* Stored items

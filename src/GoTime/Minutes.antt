-- ===== src/GoTime/Minutes.antt =====
-- `time.ParseDuration` on a whole number of minutes.
use golang_videoencoder_api.Prelude.{
  ℕ, zero, suc, ◌+◌, ◌-◌, ◌*◌, ◌/◌, ◌%◌, ◌^◌, ◌≤◌, ◌<◌, ltb, ◌==◌, pos, Bytes, bytes, bytes_eq,
  digits_before, decimal, is_empty, length, true, false, ◌||◌, [], ◌∷◌, ◌++◌, some, Bool-cases, inl,
  inr, ◌≡◌, refl, subst, ◌∙◌, arith,
}
use golang_videoencoder_api.GoTime.{
  is_digit, period, leading_int, unit_of, nanoseconds, term, sum_terms, with_sign, parse_duration,
}

leading_int_digit :
    (x d n : ℕ) (rest : Bytes)
    → d < 10
    → x ≤ 2 ^ 63 / 10
    → x * 10 + d ≡ n
    → n ≤ 2 ^ 63
    → leading_int x ((b'0' + d) ∷ rest) ≡ leading_int n rest
unfolding leading_int
leading_int_digit x d n rest small fits made bound =
    let back : b'0' + d - 48 ≡ d = omega arith in
    let digit : is_digit (b'0' + d) ≡ true = ground arith in
    let low : ltb (2 ^ 63 / 10) x ≡ false = ground arith in
    let high : ltb (2 ^ 63) n ≡ false = ground arith in rw (digit, back, made, low, high) refl

leading_int-digits_before :
    (fuel n : ℕ) (rest : Bytes)
    → n < fuel
    → n ≤ 2 ^ 63
    → leading_int 0 (digits_before fuel n rest) ≡ leading_int n rest
unfolding digits_before
leading_int-digits_before zero n rest h k = elim h [ ]
leading_int-digits_before (suc fuel) n rest h k = elim (Bool-cases (n / 10 == 0)) [
  | inl e ↦ rw e (leading_int_digit 0 (n % 10) n rest (omega arith) (omega arith) (ground arith) k)
  | inr e ↦ rw e (
      leading_int-digits_before fuel (n / 10) ((b'0' + n % 10) ∷ rest) (ground arith) (omega arith)
      ∙ leading_int_digit (n / 10) (n % 10) n rest (omega arith) (omega arith) (omega arith) k)
]

-- The digits of a number are not empty, and in front of what follows.
record Digits (text rest : Bytes) : Type 0 where
  first : ℕ
  others : Bytes
  made : text ≡ first ∷ others
  digit : is_digit first ≡ true
  longer : length rest ≤ length others

digits_before-Digits : (fuel n : ℕ) (rest : Bytes) → Digits (digits_before (suc fuel) n rest) rest
unfolding digits_before
digits_before-Digits zero n rest = record {
  first = b'0' + n % 10;
  others = rest;
  made = ground arith;
  digit = ground arith;
  longer = omega arith;
}
digits_before-Digits (suc fuel) n rest = elim (Bool-cases (n / 10 == 0)) [
  | inl e ↦ rw e (record {
    first = b'0' + n % 10;
    others = rest;
    made = refl;
    digit = ground arith;
    longer = omega arith;
  })
  | inr e ↦
      let d = digits_before-Digits fuel (n / 10) ((b'0' + n % 10) ∷ rest) in
      rw e (record {
        first = d.first;
        others = d.others;
        made = d.made;
        digit = d.digit;
        longer = omega (arith, d.longer);
      })
]

digits_before-append :
    (fuel n : ℕ) (rest more : Bytes)
    → digits_before fuel n rest ++ more ≡ digits_before fuel n (rest ++ more)
unfolding digits_before
digits_before-append zero n rest more = refl
digits_before-append (suc fuel) n rest more =
    ground (arith, digits_before-append fuel (n / 10) ((b'0' + n % 10) ∷ rest) more)

abbrev pub minute : ℕ
minute = 60 * 10 ^ 9

bytes_eq_nil : (s : Bytes) → 1 ≤ length s → bytes_eq s [] ≡ false
unfolding bytes_eq
bytes_eq_nil [] h = absurd (omega arith)
bytes_eq_nil (_ ∷ _) h = refl

leading_m : (n : ℕ) → leading_int n (bytes "m") ≡ some (n, bytes "m")
unfolding leading_int bytes
leading_m n = refl

module _ (fraction : ℕ → ℕ → ℕ → ℕ) where
  -- One round on digits in front of the unit.
  term_minutes :
      (c n : ℕ) (others : Bytes)
      → is_digit c ≡ true
      → 1 ≤ length others
      → leading_int 0 (c ∷ others) ≡ some (n, bytes "m")
      → n * minute < 2 ^ 63
      → term fraction (c ∷ others) ≡ some (n * minute, [])
  unfolding bytes nanoseconds unit_of term
  term_minutes c n others digit more e h =
      let begins : (c == period || is_digit c) ≡ true = ground arith in
      let pre : (1 == suc (length others)) ≡ false = ground arith in
      let fits : ltb (2 ^ 63 / minute) n ≡ false = ground arith in
      rw (term, begins, e, pre, fits) refl

  sum_minutes :
      (c n fuel : ℕ) (others : Bytes)
      → term fraction (c ∷ others) ≡ some (n * minute, [])
      → n * minute < 2 ^ 63
      → sum_terms fraction (suc fuel) 0 (c ∷ others) ≡ some (n * minute)
  unfolding sum_terms
  sum_minutes c n fuel others e h =
      let whole : (0 + n * minute) % 2 ^ 64 ≡ n * minute = omega arith in
      let fits : ltb (2 ^ 63) (n * minute) ≡ false = ground arith in
      rw (sum_terms, e, whole, fits) refl

  read_minutes :
      (text : Bytes) (n : ℕ)
      → Digits text (bytes "m")
      → leading_int 0 text ≡ some (n, bytes "m")
      → n * minute < 2 ^ 63
      → parse_duration fraction text ≡ some (pos (n * minute))
  unfolding bytes bytes_eq with_sign parse_duration
  read_minutes text n d e h =
      let read = subst (λ (t : Bytes). leading_int 0 t ≡ some (n, bytes "m")) d.made e in
      let one = term_minutes d.first n d.others d.digit d.longer read h in
      let sum = sum_minutes d.first n (length d.others) d.others one h in
      let minus : (d.first == 45) ≡ false = ground (arith, d.digit) in
      let plus : (d.first == 43) ≡ false = ground (arith, d.digit) in
      let fits : ltb (2 ^ 63 - 1) (n * minute) ≡ false = ground arith in
      let not_zero : bytes_eq (d.first ∷ d.others) (bytes "0") ≡ false =
        ground (arith, bytes_eq_nil d.others d.longer) in
      rw (d.made, minus, plus, not_zero, sum, fits) refl

  -- A number of minutes, as decimal digits and an `m`, that fits into 64 bits with a sign is read
  -- back.
  pub parse_duration-minutes :
      (n : ℕ)
      → n * minute < 2 ^ 63
      → parse_duration fraction (decimal n ++ bytes "m") ≡ some (pos (n * minute))
  unfolding decimal
  parse_duration-minutes n h = rw (digits_before-append (suc n) n [] (bytes "m")) (
      read_minutes (digits_before (suc n) n (bytes "m")) n (digits_before-Digits n n (bytes "m"))
        (leading_int-digits_before (suc n) n (bytes "m") (omega arith) (omega arith) ∙ leading_m n)
        h)

pub minutes_given : (n : ℕ) → is_empty (decimal n ++ bytes "m") ≡ false
unfolding decimal
minutes_given n =
    let d = digits_before-Digits n n (bytes "m") in
    rw (digits_before-append (suc n) n [] (bytes "m"), d.made) refl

* YOUR OBJECTIVE
Across the records, how many lines carry the word "first"? The answer should be a number alone.

* OUTPUT OF THE EXERCISE
11